Datum:
18.07.2024, 09:30 - 10:00 Uhr
Ort:
DOR 65, R. 5.79 / Zoom (Meeting ID: 675 8938 0001)
Sprache:
Deutsch/Englisch
Organisiert durch:
IZ D2MCM
Anmeldung:
Nicht notwendig.
Kontakt:
iz-d2mcm.contact@hu-berlin.de
Cookietalk
Referentin: Alona Zharova (Wirtschaftswissenschaftliche Fakultät)
Recommendation Systems for Energy Efficiency in Residential Buildings
Household energy consumption accounts for approximately 20% of total global energy consumption, leading to a significant proportion of CO2 emissions from energy production. Increasing energy efficiency through demand management, such as load shifting, is a viable strategy for reducing CO2 emissions. To nudge changes in energy consumption behavior, simple but powerful architectures are vital.

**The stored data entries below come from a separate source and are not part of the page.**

-- ===== src/Paged/Engine/Slots.antt =====
-- `reg_journal` of paged/PageEngine.cpp: the search for a free index, and what the call changes.
use option_hedge.Base.{
  ℕ, zero, suc, ◌+◌, ◌<◌, ◌≤◌, ◌≡◌, ◌≢◌, inl, inr, arith, true, none, some, [], ◌∷◌, ◌++◌,
  Bool-cases, subst, ◌==◌,
}
use option_hedge.Base.Text.{Text, text_eq_iff}
use option_hedge.Base.Word.{to_int, minus_one_int}
use option_hedge.Base.Map.{insert, text_key}
use native.Mathlib.Decide.{dec_le}
use option_hedge.Os.{Os}
use option_hedge.Paged.Msg.{
  CommStatus, raw, occupied, comm_status_code, is_status, CommTable, set_msg, max_comm_user_number,
}
use option_hedge.Paged.Engine.{
  PageClientInfo, SystemWriter, Engine, find_raw, take_index, reg_journal,
}

abbrev pub IsRaw : CommTable → ℕ → Type 0
IsRaw t i = (t i).status ≡ raw

is_status-raw :
    (s : CommStatus) → (is_status s raw ≡ true → s ≡ raw) × (s ≡ raw → is_status s raw ≡ true)
unfolding comm_status_code
is_status-raw s = (λ h. ground arith, λ h. ground arith)

-- The search ends at the first raw message, or behind all that it may look at.
pub find_raw_lem :
    (rounds idx : ℕ) (t : CommTable)
    → (idx ≤ find_raw rounds idx t)
      × (find_raw rounds idx t ≤ idx + rounds)
      × ((i : ℕ) → idx ≤ i → i < find_raw rounds idx t → ¬ IsRaw t i)
      × (find_raw rounds idx t < idx + rounds → IsRaw t (find_raw rounds idx t))
unfolding find_raw
find_raw_lem zero idx t =
    (omega arith, omega arith, λ i l u. absurd (omega arith), λ h. absurd (omega arith))
find_raw_lem (suc rounds) idx t = elim (Bool-cases (is_status (t idx).status raw)) [
  | inl here ↦ rw here (
    omega arith,
    omega arith,
    λ i l u. absurd (omega arith),
    λ h. (is_status-raw (t idx).status).0 here,
  )
  | inr not_here ↦
      let (lo, hi, before, found) = find_raw_lem rounds (idx + 1) t in
      rw not_here (
        omega arith,
        omega arith,
        λ i l u r. elim (Bool-cases (i == idx)) [
          | inl e ↦
              let same : i ≡ idx = ground arith in
              cc (not_here, (is_status-raw (t idx).status).1 (subst (IsRaw t) same r))
          | inr n ↦ before i (ground arith) u r
        ],
        λ h. found (omega arith),
      )
]

-- With a raw message below the limit the search finds one, and no smaller index is raw.
pub find_raw_below :
    (n : ℕ) (t : CommTable) (k : ℕ)
    → k < n
    → IsRaw t k
    → (find_raw n 0 t ≤ k) × (IsRaw t (find_raw n 0 t))
find_raw_below n t k h r =
    let (lo, hi, before, found) = find_raw_lem n 0 t in
    let small : find_raw n 0 t ≤ k = elim (dec_le (find_raw n 0 t) k) [
      | yes p ↦ p
      | no q ↦ absurd (before k (omega arith) (omega arith) r)
    ] in
    (small, found (omega arith))

module _ (os : Os) (system : SystemWriter os) (e : Engine os system) (name : Text) where
  -- What the call computes to for a registered client.
  reg_journal-known :
      (info : PageClientInfo)
      → e.client_journals name ≡ some info
      → let idx = find_raw max_comm_user_number 0 e.comm in
        reg_journal os system name e ≡ (
          idx,
          record (take_index os system idx e) {
            client_journals =
                insert name
                  (record info { user_index_vec = info.user_index_vec ++ idx ∷ [] })
                  e.client_journals;
          },
        )
  unfolding reg_journal
  reg_journal-known info known =
      let idx = find_raw max_comm_user_number 0 e.comm in
      let most : idx ≤ max_comm_user_number = (find_raw_lem max_comm_user_number 0 e.comm).1 in
      let at_idx : to_int idx ≡ idx = omega arith in ground (arith, at_idx, most)

  -- For a registered client, with a raw message among the first 1000, `reg_journal` answers the first
  -- raw index; it marks that message occupied with no last page, leaves every other message, and
  -- appends the index to that client's list and to no other's. The comm thread's range covers it.
  pub reg_journal-free :
      (info : PageClientInfo) (k : ℕ)
      → e.client_journals name ≡ some info
      → k < max_comm_user_number
      → IsRaw e.comm k
      → let (idx, f) = reg_journal os system name e in
        (idx ≤ k)
        × IsRaw e.comm idx
        × ((i : ℕ) → i < idx → ¬ IsRaw e.comm i)
        × ((f.comm idx).status ≡ occupied)
        × ((f.comm idx).last_page_num ≡ 0)
        × ((i : ℕ) → i ≢ idx → f.comm i ≡ e.comm i)
        × (f.client_journals name
            ≡ some (record info { user_index_vec = info.user_index_vec ++ idx ∷ [] }))
        × ((other : Text) → other ≢ name → f.client_journals other ≡ e.client_journals other)
        × (idx ≤ f.max_idx)
  unfolding take_index set_msg
  reg_journal-free info k known h r =
      let (small, is_raw) = find_raw_below max_comm_user_number e.comm k h r in
      let (lo, hi, before, found) = find_raw_lem max_comm_user_number 0 e.comm in
      rw (reg_journal-known info known) (
        small,
        is_raw,
        λ i u. before i (omega arith) u,
        ground arith,
        ground arith,
        λ i n. ground arith,
        ground (arith, text_eq_iff name name),
        λ other n. ground (arith, text_eq_iff other name),
        ground arith,
      )

  -- When the first 1000 messages are all in use, a registered client is not refused: it is given the
  -- index 1000, whatever state the message there is in and whoever holds it.
  pub reg_journal-full :
      (info : PageClientInfo)
      → e.client_journals name ≡ some info
      → ((i : ℕ) → i < max_comm_user_number → ¬ IsRaw e.comm i)
      → let (idx, f) = reg_journal os system name e in
        (idx ≡ max_comm_user_number)
        × ((f.comm max_comm_user_number).status ≡ occupied)
        × (f.client_journals name
            ≡ some
                (record info { user_index_vec = info.user_index_vec ++ max_comm_user_number ∷ [] }))
  unfolding take_index set_msg
  reg_journal-full info known full =
      let (lo, hi, before, found) = find_raw_lem max_comm_user_number 0 e.comm in
      let last : find_raw max_comm_user_number 0 e.comm ≡ max_comm_user_number =
        elim (dec_le max_comm_user_number (find_raw max_comm_user_number 0 e.comm)) [
          | yes p ↦ omega arith
          | no q ↦ absurd (full _ (omega arith) (found (omega arith)))
        ] in
      rw (reg_journal-known info known)
        (last, rw last (ground arith), rw last (ground (arith, text_eq_iff name name)))

  -- For a client that is not registered the answer is -1, and yet the first raw message among the
  -- first 1000 is marked occupied. The clients and their lists stay as they were.
  pub reg_journal-unknown :
      (k : ℕ)
      → e.client_journals name ≡ none
      → k < max_comm_user_number
      → IsRaw e.comm k
      → let (idx, f) = reg_journal os system name e in
        let lost = find_raw max_comm_user_number 0 e.comm in
        (idx ≡ minus_one_int)
        × IsRaw e.comm lost
        × ((f.comm lost).status ≡ occupied)
        × (f.client_journals ≡ e.client_journals)
  unfolding reg_journal set_msg
  reg_journal-unknown k unknown h r =
      let (small, is_raw) = find_raw_below max_comm_user_number e.comm k h r in
      (ground arith, is_raw, ground arith, ground arith)
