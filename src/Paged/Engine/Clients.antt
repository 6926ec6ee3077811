-- ===== src/Paged/Engine/Clients.antt =====
-- `reg_client` and `exit_client` of paged/PageEngine.cpp: the clients, their processes and the indices
-- that they hold.
use option_hedge.Base.{
  ℕ, ◌≡◌, ◌≢◌, refl, ap, subst, arith, Bool, none, some, List, [], ◌∷◌, ◌++◌, Option-cases, inl,
  inr, ◌∙◌, All, Option,
}
use option_hedge.Base.Text.{Text, text_eq_iff, text_eq_refl}
use option_hedge.Base.Word.{minus_one_int}
use option_hedge.Base.Map.{Map, insert, text_key, nat_eq}
use option_hedge.Os.{Os, ok}
use option_hedge.Timer.Clock.{get_nano_time_total}
use option_hedge.Paged.Msg.{comm_size}
use option_hedge.Paged.Engine.{
  PageClientInfo, empty_client, SystemWriter, Engine, add_to_pid, register, reg_client,
}
use option_hedge.Paged.Engine.Requests.{
  without, leave_pid, forget_client, exit_client, free_indices,
}

-- A name is not among those of a list.
abbrev pub IsAbsent : Text → List Text → Type 0
IsAbsent name = All (λ x. x ≢ name)

without-absent : (name : Text) (xs : List Text) → IsAbsent name xs → without name xs ≡ xs
unfolding without
without-absent name [] h = refl
without-absent name (x ∷ xs) h = ground (arith, text_eq_iff x name, without-absent name xs h.1)

without-append :
    (name : Text) (xs : List Text) → IsAbsent name xs → without name (xs ++ name ∷ []) ≡ xs
unfolding without
without-append name [] h = ground (arith, text_eq_iff name name)
without-append name (x ∷ xs) h = ground (arith, text_eq_iff x name, without-append name xs h.1)

abbrev pub names_of : ℕ → Map ℕ (List Text) → List Text
names_of pid m = elim (m pid) [ none ↦ [] | some names ↦ names ]

-- No process has an empty list of clients.
abbrev pub IsTidy : Map ℕ (List Text) → Type 0
IsTidy m = (pid : ℕ) → m pid ≢ some []

leave-add :
    (pid : ℕ) (name : Text) (m : Map ℕ (List Text))
    → IsAbsent name (names_of pid m)
    → IsTidy m
    → (p : ℕ) → leave_pid pid name (add_to_pid pid name m) p ≡ m p
unfolding leave_pid
leave-add pid name m absent tidy p = elim (Option-cases (m pid)) [
  | inl e ↦ ground (arith, e, without-append name [] tt)
  | inr ([], e) ↦ absurd (tidy pid e)
  | inr (x ∷ xs, e) ↦
      let absent' : IsAbsent name (x ∷ xs) =
        subst (λ o. IsAbsent name (elim o [ none ↦ [] | some names ↦ names ])) e absent in
      ground (arith, e, without-append name (x ∷ xs) absent')
]

module _ (os : Os) (system : SystemWriter os) where
  -- What a successful registration leaves: an entry for the client and its name at its process.
  pub record IsRegistered (name : Text) (pid : ℕ) (is_writer : Bool) (e f : Engine os system)
      : Type 0 where
    pub client :
        (nano : ℕ) × (f.client_journals
          ≡ insert name
              (record empty_client {
                reg_nano = nano;
                is_writing = is_writer;
                rid_start = minus_one_int;
                rid_end = minus_one_int;
                pid = pid;
              })
              e.client_journals)
    pub process : f.pid_client ≡ add_to_pid pid name e.pid_client
    pub same_comm : f.comm ≡ e.comm
    pub same_writers : f.file_writer_counts ≡ e.file_writer_counts
    pub same_readers : f.file_reader_counts ≡ e.file_reader_counts

  -- A name that is not registered can always be: the answer is the table's file and size, and the
  -- client has no index yet, is no strategy, and is listed last at its process.
  pub reg_client-new :
      (name : Text) (pid : ℕ) (is_writer : Bool) (e : Engine os system)
      → e.client_journals name ≡ none
      → (f : Engine os system) × (reg_client os system name pid is_writer e
          ≡ ok (some (e.comm_file, comm_size), f))
        × IsRegistered name pid is_writer e f
  unfolding reg_client register
  reg_client-new name pid is_writer e fresh =
      let (nano, s, clock, same, fits) = get_nano_time_total os e.sys in
      (
        record e {
          sys = s;
          pid_client = add_to_pid pid name e.pid_client;
          client_journals =
              insert name
                (record empty_client {
                  reg_nano = nano;
                  is_writing = is_writer;
                  rid_start = minus_one_int;
                  rid_end = minus_one_int;
                  pid = pid;
                })
                e.client_journals;
        },
        ground (arith, clock),
        record {
          client = (nano, refl);
          process = refl;
          same_comm = refl;
          same_writers = refl;
          same_readers = refl;
        },
      )

  -- A name that is registered is refused, and nothing changes.
  pub reg_client-known :
      (name : Text) (pid : ℕ) (is_writer : Bool) (e : Engine os system) (info : PageClientInfo)
      → e.client_journals name ≡ some info
      → reg_client os system name pid is_writer e ≡ ok (none, e)
  unfolding reg_client
  reg_client-known name pid is_writer e info known = ground arith

  -- The table is left, whether the client is known or not.
  pub reg_client-comm :
      (name : Text) (pid : ℕ) (is_writer : Bool) (r : Option (Text × ℕ)) (e f : Engine os system)
      → reg_client os system name pid is_writer e ≡ ok (r, f)
      → f.comm ≡ e.comm
  reg_client-comm name pid is_writer r e f h = elim (Option-cases (e.client_journals name)) [
    | inr (info, known) ↦
        let same : f ≡ e = ground (arith, h, reg_client-known name pid is_writer e info known) in
        ap (λ g. g.comm) same
    | inl free ↦
        let (g, done, now) = reg_client-new name pid is_writer e free in
        let same : f ≡ g = ground (arith, h, done) in ap (λ g. g.comm) same ∙ now.same_comm
  ]

  module _ (dump : Text → Text → ℕ → ℕ → ℕ → Text) where
    -- A client that registers and exits again leaves the clients, the processes, the table and the
    -- counts as they were, and its exit does not fail. Its name must have been free, and not listed
    -- at its process; and no process may have an empty list.
    pub exit_client-reg_client :
        (name : Text) (pid : ℕ) (is_writer : Bool) (e f : Engine os system)
        → e.client_journals name ≡ none
        → IsAbsent name (names_of pid e.pid_client)
        → IsTidy e.pid_client
        → reg_client os system name pid is_writer e ≡ ok (some (e.comm_file, comm_size), f)
        → (g : Engine os system) × (exit_client os system dump name f ≡ ok (tt, g))
          × ((c : Text) → g.client_journals c ≡ e.client_journals c)
          × ((p : ℕ) → g.pid_client p ≡ e.pid_client p)
          × (g.comm ≡ e.comm)
          × (g.file_writer_counts ≡ e.file_writer_counts)
          × (g.file_reader_counts ≡ e.file_reader_counts)
    unfolding exit_client free_indices forget_client
    exit_client-reg_client name pid is_writer e f fresh absent tidy opened =
        let (f', again, r) = reg_client-new name pid is_writer e fresh in
        let same : f ≡ f' = ground (arith, again) in
        let (nano, clients) = r.client in
        (
          forget_client os system name pid f',
          ground (arith, same, clients, text_eq_refl name),
          λ c.
              ground (arith, ap (λ (m : Map Text PageClientInfo). m c) clients, text_eq_iff c name),
          λ p.
              ap (λ (m : Map ℕ (List Text)). leave_pid pid name m p) r.process
              ∙ leave-add pid name e.pid_client absent tidy p,
          r.same_comm,
          r.same_writers,
          r.same_readers,
        )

In this talk, we presents our recent research on recommendation systems that provide personalized and generalized recommendations. First, we show an architecture for a utility-based context-aware multi-agent recommendation system that generates personalized appliance usage recommendations. Second, we present an explainable multi-agent recommendation system that provides explainable recommendations for optimal device scheduling in a textual and visual manner. Transparent, understandable, and persuasive recommendations support the electricity consumers’ behavioral change while opening up the “black box” of recommendations. Third, we propose an activity-based recommendation system that provides personalized, actionable recommendations requiring minimal user input. By shifting household activities rather than individual appliance usage, we suggest a more intuitive approach to energy efficiency grounded in the social practices of domestic life. Fourth, we introduce a generalized recommendation system that utilizes local renewable energy generation data and does not require sensible electricity consumption data. Recommending time slots rather than exact hours for adjusting energy use and avoiding electricity usage provides households with more flexibility. We also propose several performance evaluation frameworks for the suggested recommendation systems and show the empirical results.